▶ [Exercise]: Please give again, exactly and in full, each line from the one holding "StoresUnique (take 4" to the end of the listing.

▶ [Material provided]:
╔══
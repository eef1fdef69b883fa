-- ===== src/Tests/Blocks.antt =====
-- The theorems on basic blocks, debug registers and observation plans at concrete inputs.
use vd_trace.Base.{◌≡◌, refl, true, [], ◌∷◌, none, some, take}
use vd_trace.Hardware.{
  analyze_basic_block, is_hardware_terminator, store_observed_addresses_unique,
  apply_hardware_context_observations,
}
use vd_trace.Hardware.Observe.{StoresUnique, store_observed-StoresUnique, Programs, apply-Programs}
use vd_trace.Hardware.Blocks.{IsBlock, Result, analyze-IsBlock}
use vd_trace.Hardware.Program.{
  Planned, has_value_probe_in_range, program_hardware_observation, program_context,
}
use vd_trace.Hardware.Program.Watch.{Watching, program-Watching}
use vd_trace.Tests.{sample_impl, sample_query, sample_code, sample_context}

store_observed_example :
    let r = store_observed_addresses_unique sample_impl (9 ∷ 0 ∷ 9 ∷ 5 ∷ []) 4 in
    StoresUnique (take 4 (9 ∷ 0 ∷ 9 ∷ 5 ∷ [])) r.1.observed_addresses r.1.observed_count
    × (r.0 ≡ r.1.observed_count)
    × (r.1 ≡ record sample_impl {
      observed_addresses = r.1.observed_addresses;
      observed_count = r.1.observed_count;
    })
store_observed_example = store_observed-StoresUnique sample_impl (9 ∷ 0 ∷ 9 ∷ 5 ∷ []) 4

apply-Programs_example :
    Programs sample_context
      (apply_hardware_context_observations sample_context (9 ∷ 5 ∷ 0 ∷ 0 ∷ []) 2 true)
      (9 ∷ 5 ∷ 0 ∷ 0 ∷ [])
      2
      true
apply-Programs_example = apply-Programs sample_context (9 ∷ 5 ∷ 0 ∷ 0 ∷ []) 2 true

analyze-IsBlock_example : Result sample_code 0x1000 (analyze_basic_block sample_code 0x1000)
analyze-IsBlock_example = analyze-IsBlock sample_code 0x1000

abbrev sample_plan : Planned
sample_plan =
    program_hardware_observation sample_query sample_code sample_impl 0x1000 (some sample_context)

sample_plan_succeeds : sample_plan.error ≡ none
unfolding program_hardware_observation store_observed_addresses_unique analyze_basic_block
    is_hardware_terminator has_value_probe_in_range
sample_plan_succeeds = refl

program-Watching_example :
    IsBlock sample_code 0x1000 sample_plan.impl.pending_block
    × Watching sample_plan.impl
    × (sample_plan.context ≡ program_context sample_plan.impl (some sample_context))
program-Watching_example =
    program-Watching sample_query sample_code sample_impl 0x1000 (some sample_context)
      sample_plan_succeeds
╚══
▶ [Written answer]:
    StoresUnique (take 4 (9 ∷ 0 ∷ 9 ∷ 5 ∷ [])) r.1.observed_addresses r.1.observed_count
    × (r.0 ≡ r.1.observed_count)
    × (r.1 ≡ record sample_impl {
      observed_addresses = r.1.observed_addresses;
      observed_count = r.1.observed_count;
    })
store_observed_example = store_observed-StoresUnique sample_impl (9 ∷ 0 ∷ 9 ∷ 5 ∷ []) 4

apply-Programs_example :
    Programs sample_context
      (apply_hardware_context_observations sample_context (9 ∷ 5 ∷ 0 ∷ 0 ∷ []) 2 true)
      (9 ∷ 5 ∷ 0 ∷ 0 ∷ [])
      2
      true
apply-Programs_example = apply-Programs sample_context (9 ∷ 5 ∷ 0 ∷ 0 ∷ []) 2 true

analyze-IsBlock_example : Result sample_code 0x1000 (analyze_basic_block sample_code 0x1000)
analyze-IsBlock_example = analyze-IsBlock sample_code 0x1000

abbrev sample_plan : Planned
sample_plan =
    program_hardware_observation sample_query sample_code sample_impl 0x1000 (some sample_context)

sample_plan_succeeds : sample_plan.error ≡ none
unfolding program_hardware_observation store_observed_addresses_unique analyze_basic_block
    is_hardware_terminator has_value_probe_in_range
sample_plan_succeeds = refl

program-Watching_example :
    IsBlock sample_code 0x1000 sample_plan.impl.pending_block
    × Watching sample_plan.impl
    × (sample_plan.context ≡ program_context sample_plan.impl (some sample_context))
program-Watching_example =
    program-Watching sample_query sample_code sample_impl 0x1000 (some sample_context)
      sample_plan_succeeds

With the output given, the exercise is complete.